As I watch him kneel in the Mexican dirt, surrounded by eager kids, his face wreathed in a broad smile, he seems to delight in the way that the TeacherMate puts the kids in charge. “That’s a phenomenon I’ve found even in Rwanda—where only 1% have electricity,” he says. “With these devices, what the kids pick up in two minutes, the teachers need two hours to learn. The kids explore by themselves and figure it out. When you work with those kids directly, no matter where they are, they’re so innovative.”

Kamenetz also talks with Richard Rowe, who founded and leads the Open Learning Exchange and who once headed the One Laptop Per Child Foundation. Rowe predicts that the TeacherMate software has more lasting potential than the hardware, as it could be adpated to run on the next generation of low-cost mobile technology.

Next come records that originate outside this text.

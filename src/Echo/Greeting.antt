-- ===== src/Echo/Greeting.antt =====
-- A request and its answer, from the client's call to its callback.
use networking_projects.Prelude.{
  ℕ, zero, suc, ◌+◌, ◌%◌, ◌^◌, ◌<◌, ◌≤◌, ◌≡◌, ◌≢◌, refl, sym, ap, subst, ◌∙◌, Bool, List, [], ◌∷◌,
  ◌++◌, append_assoc, some, All-append, arith, length, length-append, take, take-append,
  drop-append, ltb-false,
}
use networking_projects.Echo.Text.{
  newline, semicolon, npos, Lacks, find, substr, pop_back, getline, find-first, find-absent,
  pop_back-append, getline-line,
}
use networking_projects.Echo.Service.{Processed, hello, exclamation, greeting, process_msg}
use networking_projects.Echo.Client.{Answers, request_line, send_msg, run, IsDone, run-IsDone}

substr-front : (a b : List ℕ) (n : ℕ) → n ≡ length a → substr (a ++ b) 0 n ≡ some a
unfolding substr
substr-front a b n e =
    let fits = ltb-false (length (a ++ b)) 0 (omega arith) in rw (fits, e, take-append a b) refl

take-enough : (a : List ℕ) (n : ℕ) → length a ≤ n → take n a ≡ a
take-enough [] zero h = refl
take-enough [] (suc n) h = refl
take-enough (x ∷ a) zero h = absurd (omega arith)
take-enough (x ∷ a) (suc n) h = ap (◌∷◌ x) (take-enough a n (omega arith))

substr-back :
    (a b : List ℕ) (i : ℕ) → i ≡ length a → length b ≤ npos → substr (a ++ b) i npos ≡ some b
unfolding substr
substr-back a b i e h =
    let fits = ltb-false (length (a ++ b)) (length a) (omega (arith, length-append a b)) in
    rw (e, fits, drop-append a b, take-enough b npos h) refl

substr-all : (a : List ℕ) (n : ℕ) → length a ≤ n → substr a 0 n ≡ some a
unfolding substr
substr-all a n h = rw (ltb-false (length a) 0 (omega arith), take-enough a n h) refl

-- The parts of a line.
process_msg-parts :
    (buffer line client_name message : List ℕ)
    → pop_back buffer ≡ some line
    → substr line 0 (find line semicolon) ≡ some client_name
    → substr line ((find line semicolon + 1) % 2 ^ 64) npos ≡ some message
    → process_msg buffer
      ≡ some (record {
        client_name = client_name;
        client_message = message;
        response = greeting client_name;
      })
unfolding process_msg
process_msg-parts buffer line client_name message e f g = rw (e, f, g) refl

-- A line, shorter than `npos`, whose name part has no semicolon: the name is what stands before the first semicolon, and
-- the message all that stands behind it, up to the last character of the buffer.
pub process_msg-line :
    (a b : List ℕ) (c : ℕ)
    → Lacks semicolon a
    → length a + length b < npos
    → process_msg ((a ++ semicolon ∷ b) ++ c ∷ [])
      ≡ some (record { client_name = a; client_message = b; response = greeting a })
process_msg-line a b c h short =
    let at = find-first semicolon a b h in
    let name = substr-front a (semicolon ∷ b) _ at in
    let behind : (find (a ++ semicolon ∷ b) semicolon + 1) % 2 ^ 64 ≡ length (a ++ semicolon ∷ []) =
      omega (arith, at, length-append a (semicolon ∷ [])) in
    let line = append_assoc a (semicolon ∷ []) b in
    let message =
      ap (λ l. substr l ((find (a ++ semicolon ∷ b) semicolon + 1) % 2 ^ 64) npos) (sym line)
      ∙ substr-back (a ++ semicolon ∷ []) b _ behind (omega arith) in
    process_msg-parts _ _ a b (pop_back-append (a ++ semicolon ∷ b) c) name message

-- In a line with no semicolon, shorter than `npos`, `npos` plus one is 0: the whole line is taken for the name, and for the
-- message as well.
pub process_msg-no_delimiter :
    (a : List ℕ) (c : ℕ)
    → Lacks semicolon a
    → length a < npos
    → process_msg (a ++ c ∷ [])
      ≡ some (record { client_name = a; client_message = a; response = greeting a })
process_msg-no_delimiter a c h short =
    let nowhere = find-absent semicolon a h in
    let name = ap (λ n. substr a 0 n) nowhere ∙ substr-all a npos (omega arith) in
    let message =
      ap (λ n. substr a ((n + 1) % 2 ^ 64) npos) nowhere ∙ substr-all a npos (omega arith) in
    process_msg-parts _ a a a (pop_back-append a c) name message

greeting-plain : (a : List ℕ) → Lacks newline a → Lacks newline (hello ++ (a ++ exclamation ∷ []))
greeting-plain a h =
    let last : Lacks newline (exclamation ∷ []) = (λ e. omega arith, tt) in
    let rest = All-append (λ x. x ≢ newline) a (exclamation ∷ []) h last in
    (
      λ e. omega arith,
      (
        λ e. omega arith,
        (λ e. omega arith, (λ e. omega arith, (λ e. omega arith, (λ e. omega arith, rest)))),
      ),
    )

-- Every operation succeeds, and these bytes are read.
abbrev pub all_well : List ℕ → Answers
all_well received = record { connect_ec = 0; write_ec = 0; read_ec = 0; received = received }

-- The whole exchange, when every operation succeeds and a name and a message of ordinary length
-- have no newline, and the name no semicolon: the server reads the name and the message as they were
-- given, and the client's callback is called once, without an error, with the greeting less its
-- newline.
pub run-greets :
    (n : ℕ) (before : Bool) (client_name message : List ℕ)
    → Lacks semicolon client_name
    → Lacks newline client_name
    → length client_name + length message < npos
    → let processed : Processed = record {
      client_name = client_name;
      client_message = message;
      response = greeting client_name;
    } in
      (process_msg (request_line client_name message) ≡ some processed)
      × IsDone
          (run (3 + n) (all_well (greeting client_name)) (send_msg before client_name message))
          (hello ++ (client_name ++ exclamation ∷ []), 0)
unfolding request_line greeting
run-greets n before client_name message no_semicolon no_newline short =
    let name_end = client_name ++ exclamation ∷ [] in
    let line = ap (◌++◌ hello) (sym (append_assoc client_name (exclamation ∷ []) (newline ∷ []))) in
    let heard : getline (greeting client_name) ≡ hello ++ name_end =
      ap getline line
      ∙ getline-line (hello ++ name_end) [] (greeting-plain client_name no_newline) in
    (
      ap process_msg (sym (append_assoc client_name (semicolon ∷ message) (newline ∷ [])))
          ∙ process_msg-line client_name message newline no_semicolon short,
      subst
          (λ l.
            IsDone
              (run (3 + n) (all_well (greeting client_name)) (send_msg before client_name message))
              (l, 0))
          heard (run-IsDone n (all_well (greeting client_name)) before client_name message),
    )
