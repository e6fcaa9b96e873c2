-- ===== src/Echo/Program.antt =====
-- src/run_tcp_client.cpp, and the constructor and Close of src/client/client.cpp: the program that sends
-- the same request again and again while it is connected. The requests run side by side.
pub mod Requests
pub mod Closing
mod Tests
use networking_projects.Prelude.{
  ◌>>=◌, ℕ, zero, suc, ◌+◌, ◌-◌, ◌*◌, ◌%◌, ◌^◌, Bool, true, false, ◌&&◌, ◌||◌, not, List, [], ◌∷◌,
  ◌++◌, Option, none, some, ◌==◌, if◌then◌else◌, ltb, length, get_elem?, set, drop, codes,
  to_string,
}
use networking_projects.Prelude.Int.{ℤ, pos, negsuc}
use networking_projects.Echo.Text.{newline}
use networking_projects.Echo.Client
use networking_projects.Echo.Client.{Client, Answers, send_msg, completed}

-- `std::isspace` and `std::isdigit`.
abbrev pub is_space : ℕ → Bool
is_space c = c == 32 || (ltb 8 c && ltb c 14)

abbrev pub is_digit : ℕ → Bool
is_digit c = ltb 47 c && ltb c 58

-- The number that the digits at the front make up, behind the number so far.
abbrev pub leading : ℕ → List ℕ → ℕ
leading n [] = n
leading n (c ∷ cs) = let more = leading (n * 10 + (c - 48)) cs in if is_digit c then more else n

-- With its sign, unless an int cannot hold it.
abbrev pub in_int : Bool → ℕ → Option ℤ
in_int true zero = some (pos 0)
in_int true (suc n) = if ltb n (2 ^ 31) then some (negsuc n) else none
in_int false n = if ltb n (2 ^ 31) then some (pos n) else none

-- `std::atoi`, undefined on a number that is no int.
unfoldable pub atoi : List ℕ → Option ℤ
atoi [] = some (pos 0)
atoi (c ∷ cs) =
    let later = atoi cs in
    if is_space c
    then later
    else if c == b'-'
    then in_int true (leading 0 cs)
    else if c == b'+'
    then in_int false (leading 0 cs)
    else in_int false (leading 0 (c ∷ cs))

-- The conversion to an unsigned type of `w` bits.
unfoldable pub to_unsigned : ℕ → ℤ → ℕ
to_unsigned w (pos n) = n % 2 ^ w
to_unsigned w (negsuc n) = 2 ^ w - 1 - n % 2 ^ w

-- `argv`, without the program's name.
pub record Arguments : Type 0 where
  pub ip : List ℕ
  pub port : List ℕ
  pub name : List ℕ
  pub sleep_time : List ℕ

-- What the program keeps: its client's flag and work object, the requests, the terminal, the port that
-- every request goes to, and for how long the program sleeps.
pub record Program : Type 0 where
  pub is_connected : Bool
  pub has_work : Bool
  pub sessions : List Client
  pub terminal : List ℕ
  pub port : ℕ
  pub seconds : ℕ

unfoldable pub print_client_info : Arguments → List ℕ
print_client_info a =
    codes "Client Info:"
    ++ newline
      ∷ (codes "IP:             "
          ++ (a.ip
              ++ newline
                ∷ (codes "Port:           "
                    ++ (a.port
                        ++ newline
                          ∷ (codes "Name:           "
                              ++ (a.name
                                  ++ newline
                                    ∷ (codes "Sleep Time:     "
                                        ++ (a.sleep_time ++ newline ∷ []))))))))

unfoldable pub print_client_msg : List ℕ → List ℕ → List ℕ
print_client_msg name msg =
    codes "Message  : " ++ (name ++ (codes " said: " ++ (msg ++ newline ∷ [])))

unfoldable pub usage : List ℕ
usage =
    codes "Error: missing command Line arguments"
    ++ newline
      ∷ (codes "Usage:"
          ++ newline
            ∷ (codes "./run_tcp_client <ip-address-name> <port-number> <client-name>"
                ++ newline ∷ []))

abbrev pub hello_server : List ℕ
hello_server = codes "Hello Server!"

-- How the program ends: with an exit code, by `std::terminate`, or not yet.
pub data Outcome : Type 0 where
  exited : ℕ → List ℕ → Outcome
  terminated : Outcome
  goes_on : Program → Outcome

-- An operation of the request at this place has completed, with these answers.
pub record Event : Type 0 where
  pub place : ℕ
  pub answers : Answers

-- No request is under way.
abbrev pub over : List Client → Bool
over [] = true
over (c ∷ cs) = elim c.pending [ none ↦ over cs | some op ↦ false ]

-- `m_work_.reset(NULL)`.
abbrev pub destroy_work : Program → Program
destroy_work p = record p { has_work = false }

-- The thread's event loop has something to run or to wait for.
abbrev pub has_more : Program → Bool
has_more p = p.has_work || not (over p.sessions)

-- The text of an error code is the library's; so is the verdict on an address, 0 for a good one.
module _ (message : ℕ → List ℕ) (address_ec : List ℕ → ℕ) where
  -- The user's callback.
  unfoldable pub handler : List ℕ → ℕ → List ℕ
  handler response ec =
      if ec == 0
      then codes "[Client] Request has completed. Server said: '"
        ++ (response ++ 39 ∷ newline ∷ newline ∷ [])
      else codes "Request"
        ++ (codes " failed! Error code = "
            ++ (to_string ec ++ (codes ". Error message = " ++ (message ec ++ newline ∷ []))))

  abbrev pub handle_calls : List (List ℕ × ℕ) → List ℕ
  handle_calls [] = []
  handle_calls ((response, ec) ∷ calls) = handler response ec ++ handle_calls calls

  -- A completion at one request; the flag is the client's.
  unfoldable pub on_event : Program → Event → Program
  unfolding handler
  on_event p e = elim (get_elem? p.sessions e.place) [
    | none ↦ p
    | some c ↦
        let c' = completed e.answers (record c { is_connected = p.is_connected }) c.pending in
        record p {
          is_connected = c'.is_connected;
          sessions = set p.sessions e.place c';
          terminal = p.terminal ++ handle_calls (drop (length c.calls) c'.calls);
        }
  ]

  unfoldable pub on_events : Program → List Event → Program
  on_events p [] = p
  on_events p (e ∷ es) = on_events (on_event p e) es

  -- `client.SendMsg`, after the message was printed.
  unfoldable pub request : List ℕ → Program → Program
  unfolding print_client_msg
  request name p = record p {
    sessions = p.sessions ++ send_msg p.is_connected name hello_server ∷ [];
    terminal = p.terminal ++ print_client_msg name hello_server;
  }

  -- The loop, and whether it has ended: what happens during each sleep is a list of events.
  unfoldable pub requests : List ℕ → List (List Event) → Program → Program × Bool
  unfolding request on_events
  requests name [] p = (p, false)
  requests name (es ∷ sleeps) p =
      let p' = on_events (request name p) es in
      let (q, ended) = requests name sleeps p' in if p'.is_connected then (q, ended) else (p', true)

  -- `Close` destroys the work object and waits for the thread, whose loop has not ended as long as there
  -- is a work object or a request is under way.
  unfoldable pub close : Program → List Event → Outcome
  unfolding on_events
  close p es =
      let q = on_events (destroy_work p) es in if has_more q then goes_on q else exited 0 q.terminal

  -- The program with its arguments: a bad address makes the first request throw, and the client is
  -- destroyed while its thread can be joined, which ends in `std::terminate`.
  unfoldable pub run_client : Arguments → List (List Event) → List Event → Option Outcome
  unfolding requests close print_client_info atoi to_unsigned
  run_client a sleeps es = do
    port ← atoi a.port
    time ← atoi a.sleep_time
    let p : Program = record {
      is_connected = false;
      has_work = true;
      sessions = [];
      terminal = print_client_info a;
      port = to_unsigned 16 port;
      seconds = to_unsigned 32 time;
    }
    let (q, ended) = requests a.name sleeps p
    some (if address_ec a.ip == 0 then if ended then close q es else goes_on q else terminated)

  -- `main`: none of the arguments is looked at when there are not four.
  unfoldable pub main : List (List ℕ) → List (List Event) → List Event → Option Outcome
  unfolding run_client usage
  main (ip ∷ port ∷ name ∷ sleep_time ∷ []) sleeps es =
      run_client (record { ip = ip; port = port; name = name; sleep_time = sleep_time }) sleeps es
  main _ sleeps es = some (exited 0 usage)
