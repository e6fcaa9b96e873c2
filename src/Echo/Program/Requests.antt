-- ===== src/Echo/Program/Requests.antt =====
-- What becomes of the requests, however their operations complete side by side.
use networking_projects.Prelude.{
  ℕ, zero, suc, ◌+◌, ◌≤◌, ◌≡◌, ◌⊎◌, refl, sym, ap, subst, ◌∙◌, List, [], ◌∷◌, ◌++◌, Option, none,
  some, ◌==◌, length, length-append, get_elem?, set, All, All-append, arith, Bool-cases,
  Option-cases, inl, inr, some-eq, some≢none,
}
use networking_projects.Echo.Client.{
  Client, Answers, Pending, connect, write_request, read_response, send_msg, completed,
  on_connected, on_written, on_response_read, on_request_complete,
}
use networking_projects.Echo.Program.{Program, Event, on_event, on_events, request, requests}

abbrev pub under_way : Option Pending → ℕ
under_way none = 0
under_way (some op) = 1

-- The user's callback has been called once, or the request is under way and it has not been called.
abbrev pub IsServed : Client → Type 0
IsServed c = length c.calls + under_way c.pending ≡ 1

finished :
    (calls : List (List ℕ × ℕ)) (call : List ℕ × ℕ)
    → length calls ≡ 0
    → length (calls ++ call ∷ []) + 0 ≡ 1
finished calls call h = omega (arith, h, length-append calls (call ∷ []))

-- One completion serves a request on.
completed-IsServed :
    (r : Answers) (c : Client) (pending : Option Pending)
    → c.pending ≡ pending
    → length c.calls + under_way pending ≡ 1
    → IsServed (completed r c pending)
unfolding completed on_connected on_written on_response_read on_request_complete
completed-IsServed r c none e h = subst (λ o. length c.calls + under_way o ≡ 1) (sym e) h
completed-IsServed r c (some connect) e h = elim (Bool-cases (r.connect_ec == 0)) [
  | inl ok ↦ rw ok h
  | inr bad ↦ rw bad (finished c.calls _ (omega (arith, h)))
]
completed-IsServed r c (some write_request) e h = elim (Bool-cases (r.write_ec == 0)) [
  | inl ok ↦ rw ok h
  | inr bad ↦ rw bad (finished c.calls _ (omega (arith, h)))
]
completed-IsServed r c (some read_response) e h = elim (Bool-cases (r.read_ec == 0)) [
  | inl ok ↦ rw ok (finished c.calls _ (omega (arith, h)))
  | inr bad ↦ rw bad (finished c.calls _ (omega (arith, h)))
]

All-get :
    {A : Type 0} (P : A → Type 0) (xs : List A) (i : ℕ) (a : A)
    → All P xs
    → get_elem? xs i ≡ some a
    → P a
All-get P [] i a h e = absurd (some≢none (sym e))
All-get P (x ∷ xs) zero a h e = subst P (some-eq e) h.0
All-get P (x ∷ xs) (suc i) a h e = All-get P xs i a h.1 e

All-set :
    {A : Type 0} (P : A → Type 0) (xs : List A) (i : ℕ) (a : A)
    → All P xs
    → P a
    → All P (set xs i a)
All-set P [] i a h k = tt
All-set P (x ∷ xs) zero a h k = (k, h.1)
All-set P (x ∷ xs) (suc i) a h k = (h.0, All-set P xs i a h.1 k)

length-set : {A : Type 0} (xs : List A) (i : ℕ) (a : A) → length (set xs i a) ≡ length xs
length-set [] i a = refl
length-set (x ∷ xs) zero a = refl
length-set (x ∷ xs) (suc i) a = ap suc (length-set xs i a)

abbrev pub AreServed : Program → Type 0
AreServed p = All IsServed p.sessions

module _ (message : ℕ → List ℕ) (address_ec : List ℕ → ℕ) where
  -- What one event does to the requests.
  pub on_event-sessions :
      (p : Program) (e : Event)
      → ((get_elem? p.sessions e.place ≡ none)
          × ((on_event message address_ec p e).sessions ≡ p.sessions))
        ⊎ ((c : Client) × (get_elem? p.sessions e.place ≡ some c)
            × ((on_event message address_ec p e).sessions
                ≡ set p.sessions e.place
                    (completed e.answers (record c { is_connected = p.is_connected }) c.pending)))
  unfolding on_event
  on_event-sessions p e = elim (Option-cases (get_elem? p.sessions e.place)) [
    | inl nowhere ↦ inl (nowhere, rw (nowhere, on_event) refl)
    | inr (c, there) ↦ inr (c, there, rw (there, on_event) refl)
  ]

  on_event-AreServed :
      (p : Program) (e : Event) → AreServed p → AreServed (on_event message address_ec p e)
  on_event-AreServed p e h = elim (on_event-sessions p e) [
    | inl (nowhere, same) ↦ subst (All IsServed) (sym same) h
    | inr (c, there, changed) ↦
        let c' = record c { is_connected = p.is_connected } in
        let served =
          completed-IsServed e.answers c' c.pending refl
            (All-get IsServed p.sessions e.place c h there) in
        subst (All IsServed) (sym changed) (All-set IsServed p.sessions e.place _ h served)
  ]

  on_event-length :
      (p : Program) (e : Event)
      → length (on_event message address_ec p e).sessions ≡ length p.sessions
  on_event-length p e = elim (on_event-sessions p e) [
    | inl (nowhere, same) ↦ ap length same
    | inr (c, there, changed) ↦ ap length changed ∙ length-set p.sessions e.place _
  ]

  on_events-AreServed :
      (p : Program) (es : List Event) → AreServed p → AreServed (on_events message address_ec p es)
  unfolding on_events
  on_events-AreServed p [] h = h
  on_events-AreServed p (e ∷ es) h =
      on_events-AreServed (on_event message address_ec p e) es (on_event-AreServed p e h)

  on_events-length :
      (p : Program) (es : List Event)
      → length (on_events message address_ec p es).sessions ≡ length p.sessions
  unfolding on_events
  on_events-length p [] = refl
  on_events-length p (e ∷ es) =
      on_events-length (on_event message address_ec p e) es ∙ on_event-length p e

  request-AreServed :
      (name : List ℕ) (p : Program) → AreServed p → AreServed (request message address_ec name p)
  unfolding request send_msg
  request-AreServed name p h = All-append IsServed p.sessions _ h (omega arith, tt)

  request-length :
      (name : List ℕ) (p : Program)
      → length (request message address_ec name p).sessions ≡ length p.sessions + 1
  unfolding request
  request-length name p = length-append p.sessions _

  -- However the requests' operations complete during the sleeps, and whether the loop has ended or not,
  -- for each request the callback has been called exactly once, or it is under way and the callback has
  -- not been called; and at most one request was made in each round.
  pub requests-AreServed :
      (name : List ℕ) (sleeps : List (List Event)) (p : Program)
      → AreServed p
      → AreServed (requests message address_ec name sleeps p).0
        × (length (requests message address_ec name sleeps p).0.sessions
            ≤ length p.sessions + length sleeps)
  unfolding requests
  requests-AreServed name [] p h = (h, omega arith)
  requests-AreServed name (es ∷ sleeps) p h =
      let p' = on_events message address_ec (request message address_ec name p) es in
      let served = on_events-AreServed _ es (request-AreServed name p h) in
      let made : length p'.sessions ≡ length p.sessions + 1 =
        on_events-length _ es ∙ request-length name p in
      let (later, bounded) = requests-AreServed name sleeps p' served in
      elim (Bool-cases p'.is_connected) [
        | inl again ↦ rw again (later, omega (arith, bounded, made))
        | inr last ↦ rw last (served, omega (arith, made))
      ]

“Mobile phones used offline have virtually the same features as the TeacherMate—screen, speaker, mic, buttons. Mobile phones will continue to be more iPhone/iPad-like in the not-too-distant future. And they can communicate two-way, which the TeacherMate does not,” said Rowe.

The article provides a great overview of the opportunities and challenges, and Kamenetz, who has a new book out—“DIY U: Edupunks, Edupreneurs, and the Coming Transformation of Higher Education”—is engaging as she explains the educational revolution underway.